HEFFNER: And so that is the unique share that we talked about from the outset, which is that people of color are not representative, but most students in general are not representative of the diversity of socioeconomic status and not just an elite.

JACK: Right.

HEFFNER: How has the climate of need-blind admissions impacted the way you see this issue? I myself have been a proponent as the beneficiary of aid for an economics-based affirmative action, which might actually help people of color more than the present system.

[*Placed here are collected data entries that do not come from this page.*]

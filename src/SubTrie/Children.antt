-- ===== src/SubTrie/Children.antt =====
-- The children of a node, read after each change.
use dekit.Prelude.{◌≡◌, refl, none, some, arith, if◌then◌else◌}
use dekit.Prelude.Text.{Text, text_eq, text_eq_iff}
use dekit.SubTrie.{SubNode, SubChildren, nil, child, get_child, set_child, remove_child}

pub get_child-set_child :
    (c d : Text) (n : SubNode) (ch : SubChildren)
    → get_child d (set_child c n ch) ≡ (if text_eq c d then some n else get_child d ch)
unfolding get_child set_child
get_child-set_child c d n nil = refl
get_child-set_child c d n (child e m ch) =
    ground (arith, get_child-set_child c d n ch, text_eq_iff c d, text_eq_iff e c, text_eq_iff e d)

pub get_child-remove_child :
    (c d : Text) (ch : SubChildren)
    → get_child d (remove_child c ch) ≡ (if text_eq c d then none else get_child d ch)
unfolding get_child remove_child
get_child-remove_child c d nil = ground arith
get_child-remove_child c d (child e m ch) =
    ground (arith, get_child-remove_child c d ch, text_eq_iff c d, text_eq_iff e c, text_eq_iff e d)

JACK: So yes and no. I mean need-blind, and I hope we can also talk about that 1.8 billion dollar gift that Bloomberg gave to

HEFFNER: Johns Hopkins.

JACK: Johns Hopkins, to make them be need-blind going forward. Need-blind ushered in a way of doing financial aid that helped many families because they were able to say we don’t care what you can and cannot pay if you can make it in, you can make it in. And we got, essentially we have your back, financially at least on scholarship dollars and grant dollars and things like that. The problem with that on one hand is access and inclusion are two different things, right? Granting students aid and grand students access to institutions who are able to make it past the admissions office. That’s one goal. Making them feel included or rather, making them feel as members of the community that’s a totally separate thing that we have quite frankly failed in doing so for many years.

And then also not just need blind for the no loan financial aid policies at Princeton ushered in, in 1998 was a doubling down on like we want access, we want to increase access, we’re going to say zero family contribution. We’re going to say, we’re going to replace all loans with grants and scholarships and that to me is an even bigger stuff. But again, that only works on that only addresses one problem, the financial barrier to get in. But there are many more things that students face once they get in.

HEFFNER: Well that’s what you talk about; you say here, “The differences I observe in my research,” your research, “highlight how unequal opportunities, constrained disadvantaged groups before and during college to close this gap.” And this sounds pretty lofty, but spell it out for me, Tony, “we must address the entrenched structural inequalities that plague America’s forgotten neighborhoods and neglected public schools.”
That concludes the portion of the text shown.